RECORD EXCERPTS below:
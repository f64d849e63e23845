-- ===== src/Firmware/Frames.antt =====
-- What the firmware does with a write frame of the register protocol, whatever DIO2 does meanwhile.
use grove_lo_ra_433mhz_and.Prelude.{
  ℕ, zero, suc, ◌+◌, ◌-◌, ◌≤◌, ◌<◌, ◌≡◌, refl, ap, Bool, true, List, [], ◌∷◌, ◌++◌, length, set,
  take, arith, length-set, ◌==◌, ◌||◌,
}
use mathlib.Core.List.{append_assoc}
use grove_lo_ra_433mhz_and.Firmware.{
  Firmware, Spi, receive_pending, reset, notify, execute, loop, run, spi_write, buffer_size,
}

-- Between two commands.
pub record IsIdle {S : Type 0} (f : Firmware S) : Type 0 where
  pub command : f.command ≡ 0
  pub count : f.count ≡ 0
  pub size : length f.buffer ≡ buffer_size

-- In a write command, with the octets `got` of its data.
record Collecting {S : Type 0} (f : Firmware S) (r n k : ℕ) (got waiting : List ℕ) (s : S)
    : Type 0 where
  command : f.command ≡ b'W'
  reg : f.reg ≡ r
  len : f.len ≡ n
  count : f.count ≡ 3 + k
  prefix : take k f.buffer ≡ got
  size : length f.buffer ≡ buffer_size
  pending : f.pending ≡ waiting
  bus : f.bus ≡ s

take-set {ℓ} :
    {A : Type ℓ} (k : ℕ) (xs : List A) (v : A)
    → k < length xs
    → take (k + 1) (set xs k v) ≡ take k xs ++ v ∷ []
take-set k [] v h = elim h [ ]
take-set zero (x ∷ xs) v h = refl
take-set (suc k) (x ∷ xs) v h =
    let e : suc k + 1 ≡ suc (k + 1) = omega arith in
    rw e (ap (λ ys. x ∷ ys) (take-set k xs v (omega arith)))

module _ {S : Type 0} (spi : Spi S) where
  -- What a frame leaves behind.
  pub record Written (f : Firmware S) (rest : List ℕ) (s : S) : Type 0 where
    pub idle : IsIdle f
    pub pending : f.pending ≡ rest
    pub bus : f.bus ≡ s

  receive_data :
      (f : Firmware S) (r n k : ℕ) (got : List ℕ) (b : ℕ) (rest : List ℕ) (s : S)
      → k < n
      → n ≤ 255
      → Collecting f r n k got (b ∷ rest) s
      → Collecting (receive_pending f.pending f) r n (k + 1) (got ++ b ∷ []) rest s
  unfolding receive_pending
  receive_data f r n k got b rest s h h' c = record {
    command = ground arith;
    reg = ground arith;
    len = ground arith;
    count = ground arith;
    prefix = ground (arith, take-set k f.buffer b);
    size = ground (arith, length-set f.buffer (f.count - 3) b);
    pending = ground arith;
    bus = ground arith;
  }

  execute_later :
      (f : Firmware S) (r n k : ℕ) (got waiting : List ℕ) (s : S)
      → k < n
      → Collecting f r n k got waiting s
      → execute spi f ≡ f
  unfolding execute
  execute_later f r n k got waiting s h c = ground (arith, c.command, c.count, c.len)

  Collecting-notify :
      (level : Bool) (f : Firmware S) {r n k : ℕ} {got waiting : List ℕ} {s : S}
      → Collecting f r n k got waiting s
      → Collecting (notify level f) r n k got waiting s
  unfolding notify
  Collecting-notify level f c = record {
    command = c.command;
    reg = c.reg;
    len = c.len;
    count = c.count;
    prefix = c.prefix;
    size = c.size;
    pending = c.pending;
    bus = c.bus;
  }

  -- The last octet of a frame: the frame goes out on the bus.
  execute_now :
      (level : Bool) (f : Firmware S) (r n : ℕ) (got waiting : List ℕ) (s : S)
      → Collecting f r n n got waiting s
      → Written (notify level (execute spi f)) waiting (spi_write spi r got s)
  unfolding notify execute
  execute_now level f r n got waiting s c =
      let e : execute spi f ≡ reset (record f { bus = spi_write spi r got s }) =
        ground (arith, c.command, c.count, c.len, c.reg, c.prefix, c.bus) in
      rw e (
        unfold reset in
        record {
          idle = record { command = refl; count = refl; size = refl };
          pending = c.pending;
          bus = refl;
        })

  collect :
      (levels : List Bool) (bs : List ℕ) (f : Firmware S) (r n k : ℕ) (got rest : List ℕ) (s : S)
      → length levels ≡ length bs
      → 0 < length bs
      → k + length bs ≡ n
      → n ≤ 255
      → Collecting f r n k got (bs ++ rest) s
      → Written (run spi levels f) rest (spi_write spi r (got ++ bs) s)
  unfolding run loop
  collect [] bs f r n k got rest s l p e m c = absurd (omega arith)
  collect (v ∷ vs) [] f r n k got rest s l p e m c = absurd (omega arith)
  collect (v ∷ []) (b ∷ []) f r n k got rest s l p e m c =
      let e' : k + 1 ≡ n = omega arith in
      execute_now v _ r n (got ++ b ∷ []) rest s
        (rw e' at (receive_data f r n k got b rest s (omega arith) m c))
  collect (v ∷ []) (b ∷ b' ∷ bs) f r n k got rest s l p e m c = absurd (omega arith)
  collect (v ∷ v' ∷ vs) (b ∷ []) f r n k got rest s l p e m c = absurd (omega arith)
  collect (v ∷ v' ∷ vs) (b ∷ b' ∷ bs) f r n k got rest s l p e m c =
      let c' = receive_data f r n k got b ((b' ∷ bs) ++ rest) s (omega arith) m c in
      rw (← append_assoc got (b ∷ []) (b' ∷ bs)) (
        rw (execute_later _ r n (k + 1) (got ++ b ∷ []) ((b' ∷ bs) ++ rest) s (omega arith) c') (
          collect (v' ∷ vs) (b' ∷ bs) _ r n (k + 1) (got ++ b ∷ []) rest s (omega arith)
            (omega arith) (omega arith) m (Collecting-notify v _ c')))

  -- The first octets of a frame: the command, one loop later the register, then the length.
  pub took_command :
      (level : Bool) (f : Firmware S) (b : ℕ) (waiting : List ℕ)
      → IsIdle f
      → f.pending ≡ b ∷ waiting
      → (b == b'W') || (b == b'R') ≡ true
      → let g = loop spi level f in
        (g.command ≡ b)
        × (g.count ≡ 1)
        × (g.pending ≡ waiting)
        × (g.bus ≡ f.bus)
        × (g.buffer ≡ f.buffer)
  unfolding loop
  took_command level f b waiting i p t = ground arith

  pub took_register :
      (level : Bool) (f : Firmware S) (b r : ℕ) (waiting : List ℕ)
      → f.command ≡ b
      → f.count ≡ 1
      → f.pending ≡ r ∷ waiting
      → let g = loop spi level f in
        (g.command ≡ b)
        × (g.reg ≡ r)
        × (g.count ≡ 2)
        × (g.pending ≡ waiting)
        × (g.bus ≡ f.bus)
        × (g.buffer ≡ f.buffer)
  unfolding loop
  took_register level f b r waiting i c p = ground arith

  header :
      (l l' : Bool) (f : Firmware S) (r n : ℕ) (waiting : List ℕ)
      → IsIdle f
      → f.pending ≡ b'W' ∷ r ∷ n ∷ waiting
      → let g = loop spi l' (loop spi l f) in
        Collecting (receive_pending g.pending g) r n 0 [] waiting f.bus
  header l l' f r n waiting i p =
      let (a, b, c, d, e) = took_command l f b'W' (r ∷ n ∷ waiting) i p refl in
      let (a', b', c', d', e', f') = took_register l' (loop spi l f) b'W' r (n ∷ waiting) a b c in
      unfold receive_pending in
      record {
        command = ground arith;
        reg = ground arith;
        len = ground arith;
        count = ground arith;
        prefix = refl;
        size = ground (arith, i.size);
        pending = ground arith;
        bus = ground arith;
      }

  -- In as many calls of `loop` as it has octets, a write frame is taken from the port and sent
  -- over the SPI bus in one selection, the register first, and the firmware is idle again. The
  -- levels of DIO2 make no difference.
  pub run-write_frame :
      (levels : List Bool) (f : Firmware S) (r : ℕ) (octets rest : List ℕ)
      → length levels ≡ 3 + length octets
      → length octets ≤ 255
      → IsIdle f
      → f.pending ≡ b'W' ∷ r ∷ length octets ∷ octets ++ rest
      → Written (run spi levels f) rest (spi_write spi r octets f.bus)
  unfolding run
  run-write_frame [] f r octets rest l m i p = absurd (omega arith)
  run-write_frame (_ ∷ []) f r octets rest l m i p = absurd (omega arith)
  run-write_frame (_ ∷ _ ∷ []) f r octets rest l m i p = absurd (omega arith)
  run-write_frame (u ∷ v ∷ w ∷ []) f r [] rest l m i p =
      unfold loop in execute_now w _ r 0 [] rest f.bus (header u v f r 0 rest i p)
  run-write_frame (u ∷ v ∷ w ∷ []) f r (b ∷ bs) rest l m i p = absurd (omega arith)
  run-write_frame (u ∷ v ∷ w ∷ x ∷ levels) f r [] rest l m i p = absurd (omega arith)
  run-write_frame (u ∷ v ∷ w ∷ x ∷ levels) f r (b ∷ bs) rest l m i p =
      let n = length (b ∷ bs) in
      let c = header u v f r n ((b ∷ bs) ++ rest) i p in
      let g = loop spi w (loop spi v (loop spi u f)) in
      let c' : Collecting g r n 0 [] ((b ∷ bs) ++ rest) f.bus =
        unfold loop in
        rw (execute_later _ r n 0 [] ((b ∷ bs) ++ rest) f.bus (omega arith) c)
          (Collecting-notify w _ c) in
      collect (x ∷ levels) (b ∷ bs) g r n 0 [] rest f.bus (omega arith) (omega arith) (omega arith)
        m c'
End of RECORD EXCERPTS.
# [EXERCISE DETAILS]
Exactly the lines running from the top of the records to the line that contains "-- Between two commands.", inclusive, must be set down, and nothing more.

# [RESULT OF THE EXERCISE]
repository f64d849e63e23845
-- ===== src/Firmware/Frames.antt =====
-- What the firmware does with a write frame of the register protocol, whatever DIO2 does meanwhile.
use grove_lo_ra_433mhz_and.Prelude.{
  ℕ, zero, suc, ◌+◌, ◌-◌, ◌≤◌, ◌<◌, ◌≡◌, refl, ap, Bool, true, List, [], ◌∷◌, ◌++◌, length, set,
  take, arith, length-set, ◌==◌, ◌||◌,
}
use mathlib.Core.List.{append_assoc}
use grove_lo_ra_433mhz_and.Firmware.{
  Firmware, Spi, receive_pending, reset, notify, execute, loop, run, spi_write, buffer_size,
}

-- Between two commands.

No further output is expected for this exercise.